A valid concern. There was no cooling system in this house, and the summer heat made things extra stuffy in here, something only amplified by the blanket.
“You’re avoiding my questions. I just need to know how you really feel now that Silar and the warden aren’t hanging around. So squeeze my hand if-”
I suddenly yelped, breaking my own rules about volume level. Cherry had grabbed a part of me and pinched it.
But it wasn’t my hand.
It was my ear lobe.
“What the hell was that for? I didn’t mention ears in the special code,” I whisper-shouted, rubbing at the stinging flesh as she pulled her hand away.
“Sorry,” she replied, patting my knee in a comforting but not-at-all remorseful way. “It’s something I do when Silar is spiralling. It may not look like it, because he’s so quiet and all, but there’s a lot going on in that big head of his. He can be a really anxious alien bean. I often find a nice, friendly little ear-grab gets him out of his own head and back into the present moment.”

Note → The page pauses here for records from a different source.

-- ===== src/Review.antt =====
-- review_backend/state_machine.py: the statuses of a review-queue case, and `next_status`, which
-- gives the status after a review event or the reason why the event is refused.
-- Python's texts are read as enumerations whose last constructor is any other text.
pub mod Rules
pub mod Chain
pub mod Submission
pub mod Cases
pub mod Store
pub mod Corrections
pub mod Sla
pub mod Bulk
pub mod Reverify
pub mod Listing
pub mod Proposals
pub mod Seed
pub mod CycleTime
pub mod Stats
use close_control.Base.{
  ℕ, String, Option, Bool, true, false, not, ◌||◌, ◌==◌, if◌then◌else◌, is_some_text,
}

pub data Status : Type 0 where
  auto_resolved pending pending_manager_approval approved overridden escalated auto_closed : Status
  other : String → Status

-- VALID_DECISIONS, and any other text.
pub data Decision : Type 0 where
  approved overridden escalated reverted auto_closed : Decision
  other : String → Decision

-- VALID_ROLES, and any other text.
pub data Role : Type 0 where
  analyst manager : Role
  other : String → Role

-- One for each `raise InvalidTransition`, in the order of the source.
pub data InvalidTransition : Type 0 where
  unknown_decision unknown_role unknown_tier revert_not_auto_resolved act_on_auto_resolved
        override_closed escalate_closed auto_close_not_open approve_closed unexpected_tier_one
        manager_before_analyst second_analyst same_person unexpected_tier_two :
      InvalidTransition

pub http_status : InvalidTransition → ℕ
http_status InvalidTransition.unknown_decision = 400
http_status InvalidTransition.unknown_role = 400
http_status InvalidTransition.unknown_tier = 400
http_status InvalidTransition.manager_before_analyst = 422
http_status InvalidTransition.second_analyst = 422
http_status InvalidTransition.same_person = 422
http_status _ = 409

pub data Transition : Type 0 where
  to : Status → Transition
  refused : InvalidTransition → Transition

abbrev is_valid_decision : Decision → Bool
is_valid_decision (Decision.other _) = false
is_valid_decision _ = true

abbrev is_valid_role : Role → Bool
is_valid_role (Role.other _) = false
is_valid_role _ = true

-- TERMINAL_STATUSES
abbrev pub is_terminal : Status → Bool
is_terminal Status.approved = true
is_terminal Status.overridden = true
is_terminal Status.escalated = true
is_terminal Status.auto_closed = true
is_terminal _ = false

-- OPEN_STATUSES
abbrev pub is_open : Status → Bool
is_open Status.pending = true
is_open Status.pending_manager_approval = true
is_open _ = false

-- The part of `next_status` after the last guard on a decision: `approved`, by the case's tier.
approve_tier_one : Status → Transition
approve_tier_one Status.pending = Transition.to Status.approved
approve_tier_one _ = Transition.refused InvalidTransition.unexpected_tier_one

approve_tier_two : Status → Role → String → Option String → Transition
approve_tier_two Status.pending Role.manager name prior =
    Transition.refused InvalidTransition.manager_before_analyst
approve_tier_two Status.pending _ name prior = Transition.to Status.pending_manager_approval
approve_tier_two Status.pending_manager_approval Role.analyst name prior =
    Transition.refused InvalidTransition.second_analyst
approve_tier_two Status.pending_manager_approval _ name prior =
    if is_some_text name prior
    then Transition.refused InvalidTransition.same_person
    else Transition.to Status.approved
approve_tier_two _ role name prior = Transition.refused InvalidTransition.unexpected_tier_two

approve : Status → ℕ → Role → String → Option String → Transition
unfolding approve_tier_one approve_tier_two
approve current tier role name prior =
    if is_terminal current
    then Transition.refused InvalidTransition.approve_closed
    else if tier == 1
    then approve_tier_one current
    else approve_tier_two current role name prior

revert : Status → Transition
revert Status.auto_resolved = Transition.to Status.pending
revert _ = Transition.refused InvalidTransition.revert_not_auto_resolved

override : Status → Transition
override current =
    if is_terminal current
    then Transition.refused InvalidTransition.override_closed
    else Transition.to Status.overridden

escalate : Status → Transition
escalate Status.approved = Transition.refused InvalidTransition.escalate_closed
escalate Status.overridden = Transition.refused InvalidTransition.escalate_closed
escalate _ = Transition.to Status.escalated

auto_close : Status → Transition
auto_close current =
    if is_open current
    then Transition.to Status.auto_closed
    else Transition.refused InvalidTransition.auto_close_not_open

-- The branches on the decision, once `reverted` is dealt with and the case is not auto-resolved.
decide : Status → ℕ → Decision → Role → String → Option String → Transition
unfolding approve override escalate auto_close
decide current tier Decision.overridden role name prior = override current
decide current tier Decision.escalated role name prior = escalate current
decide current tier Decision.auto_closed role name prior = auto_close current
decide current tier _ role name prior = approve current tier role name prior

dispatch : Status → ℕ → Decision → Role → String → Option String → Transition
unfolding revert decide
dispatch current tier Decision.reverted role name prior = revert current
dispatch Status.auto_resolved tier decision role name prior =
    Transition.refused InvalidTransition.act_on_auto_resolved
dispatch current tier decision role name prior = decide current tier decision role name prior

-- next_status(current_status, tier, decision, role, reviewer_name, prior_analyst_reviewer)
unfoldable pub next_status : Status → ℕ → Decision → Role → String → Option String → Transition
unfolding dispatch
next_status current tier decision role name prior =
    if not (is_valid_decision decision)
    then Transition.refused InvalidTransition.unknown_decision
    else if not (is_valid_role role)
    then Transition.refused InvalidTransition.unknown_role
    else if not (tier == 1 || tier == 2)
    then Transition.refused InvalidTransition.unknown_tier
    else dispatch current tier decision role name prior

“Glad to hear that it was meant to be nice and friendly,” I muttered.
“Of course!” Cherry replied, giving my knee another reassuring pat. “I’ve helped Darcy through more than enough mental breakdowns out here. I’m practically an expert by now.”
“I’m not having a mental breakdown!”
“We are currently hiding under a blanket in a closet,” Cherry pointed out dryly.
“Alright, it doesn’t look great,” I admitted. “Wait. Hold on. Why was Darcy having a mental breakdown out here? Was it about something Fallon did?”
“It was about something she did,” Cherry replied.
“Which was?”
“Falling in love with him.”
Oh.
“And, also,” Cherry added off-handedly, “that time she thought his dicktacle was a venomous snake and she very heroically tried to rip it off. The poor man was practically maimed. She felt so bad.”
Before I could even begin to try to understand Cherry’s anecdote about the heroic near-mutilation of Fallon’s “dicktacle,” the sound of a door opening penetrated the muffled wall of the quilt.
Not such a great sound barrier after all…
Heavy, measured footsteps approached, then stopped.
I didn’t need to lift the blanket to figure out who it was. I recognized the warden’s deep, spine-tingling voice well enough by now that I could practically picture his unimpressed expression when he asked, “What in the great blue blazes are you two doing?”